Antropologie minime degli ultimi dodici mesi. 1. L’adulto meccanico Lavora in azienda o in qualche studio professionale. Scrive report, brevi pareri sinottici, lettere di sollecito, proposte di organizzazione, felicitazioni per nuove collaborazioni e scemità con fronzoli tecnici. Prima dell’AI il poverocristo aveva le bolle da alienazione marxista. Com’è possibile essere condannati indeterminati a un lavoro così meccanico e ingrato? Dopo l’AI è rinato. Si sente addosso una sensazione nuova, frizzante, qualcosa che ha a che fare con un sentimento da capotreno. Ancora indefinito. L’assistente genera e lui deve rifinire. Si sente più efficiente (vero). Più veloce (vero). Più intelligente (illusione, dicono). La faccenda più spassosa e altamente metaforica è che la nuova (quarta?) rivoluzione industriale è unicamente a beneficio suo, mio, insomma degli ultimi della catena capitalistica, i servi della ripetizione. Si alleggerisce il nostro lavoro ma le aziende non riescono a passare all’incasso. L’unico danno prevedibile è la perdita di muscolatura al cervello. Uno studio del 2025 ha rilevato una correlazione significativa negativa fra uso frequente di strumenti AI e capacità di pensiero critico. Il motivo si chiama cognitive offloading (una specie di scarico cognitivo verso la macchina). Che bella malattia, peccato non potersela tenere.

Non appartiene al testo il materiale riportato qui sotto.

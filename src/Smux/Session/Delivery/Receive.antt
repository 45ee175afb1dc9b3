-- ===== src/Smux/Session/Delivery/Receive.antt =====
-- A PSH frame for an open stream, handled by the receive loop.
use revese_server.Base.{
  ◌⊎◌, length, sub32, ◌==◌, true, ◌++◌, some, if◌then◌else◌, arith, List, ◌≡◌, ℕ,
}
use revese_server.Smux.Session.{ℕ, Session, Env, write_frame}
use revese_server.Smux.Frame.{Frame, cmd_psh}
use revese_server.Smux.Session.Flow.{push_bytes, push_outcome, send_pause, book_bytes, adapt_guess}
use revese_server.Smux.Session.Recv.{handle_frame, handle_psh, next, wake_reader}
use revese_server.Smux.Stream.{Stream, notify_read_event}
use revese_server.Smux.Config.{Config}
use revese_server.Base.Maps.{lookup}

push_outcome-buffer :
    (env : Env) (config : Config) (st : Stream) (n : ℕ)
    → (push_outcome env config st n).0.buffer ≡ st.buffer
unfolding push_outcome book_bytes adapt_guess
push_outcome-buffer env config st n = ground arith

-- What a push does to the part of the state that the delivery of data depends on.
push_bytes-effect :
    (env : Env) (s : Session) (p q : ℕ) (bytes : List ℕ)
    → let t = push_bytes env s p bytes in
      ((t.objects q).buffer
        ≡ (if q == p then (s.objects p).buffer ++ bytes else (s.objects q).buffer))
      × (t.streams ≡ s.streams)
      × (t.bucket ≡ s.bucket)
unfolding push_bytes send_pause write_frame
push_bytes-effect env s p q bytes = ground (
  arith,
  push_outcome-buffer env s.config (record (s.objects p) { buffer = (s.objects p).buffer ++ bytes })
      (length bytes),
)

-- A PSH frame for an open stream appends its data to the stream's buffer and takes as many tokens;
-- no other buffer changes.
pub record Pushed (s : Session) (p : ℕ) (bytes : List ℕ) (t : Session) : Type 0 where
  pub buffer : (t.objects p).buffer ≡ (s.objects p).buffer ++ bytes
  pub others : (q : ℕ) → (q ≡ p) ⊎ ((t.objects q).buffer ≡ (s.objects q).buffer)
  pub streams : t.streams ≡ s.streams
  pub bucket : t.bucket ≡ sub32 s.bucket (length bytes)

pub handle_frame-Pushed :
    (env : Env) (s : Session) (f : Frame) (p : ℕ)
    → f.cmd ≡ cmd_psh
    → lookup f.sid s.streams ≡ some p
    → (t : Session) × (handle_frame env s f ≡ next t) × Pushed s p f.payload t
unfolding handle_frame handle_psh wake_reader notify_read_event
handle_frame-Pushed env s f p c l = (
  wake_reader u p,
  ground arith,
  record {
    buffer = ground (arith, push_bytes-effect env s' p p f.payload);
    others = λ q. ground (arith, push_bytes-effect env s' p q f.payload);
    streams = ground (arith, push_bytes-effect env s' p p f.payload);
    bucket = ground (arith, push_bytes-effect env s' p p f.payload);
  },
)
  where
    s' : Session
    s' = record s { data_ready = true; bucket = sub32 s.bucket (length f.payload) }

    u : Session
    u = push_bytes env s' p f.payload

2. L’adulto creativo Calimero dell’AI. A tutti il Babbo natale informatico ha portato un regalo tranne che a lui. L’AI ha un solo difetto, l’aderenza allo standard, non riesce ancora a fare scarti estetici significativi. Per le frasi carine e i concetti massicci servono i neuroni vecchio modello, i non sintetici. Insomma è destino: l’artista ha da soffrire. 3. I sedicenni. Qui la questione è politica. Si legge ovunque di possibile atrofia cognitiva, ma tanto è inutile rompere il vetro dell’allarme: chi nasce digitale non si accorge di respirare digitale, per un ragazzo l’AI non è uno strumento, è il normale corso dell’esistenza. Il ventenne del futuro prossimo sarà incapace di argomentare? Rimarrà solo qualche spartanissimo con la schiena dritta capace di negarsi le comodità e farcela senza aiuti? Li lasciamo soli con l’autodisciplina? 4. La persona solitaria (che si confida o si fidanza con l’AI) Che figura contemporanea. L’homo malinconicus non vuole massimizzare un bel niente, vuole solo attenzione. Gli sta bene tutto, basta che risponda: un fidanzamento con un pezzo di rame e plastica, le notti a confidare dolori al presidio del pronto intervento tristezze che non smonta mai. Dimmi, tesoro. E’ stata una giornata pesante, tesoro. Parliamo un po’, così ti senti meglio, tesoro. Un’epopea di hai-ragione-tu. Già si andava a letto presto, vorrà dire che ci andremo ancora prima.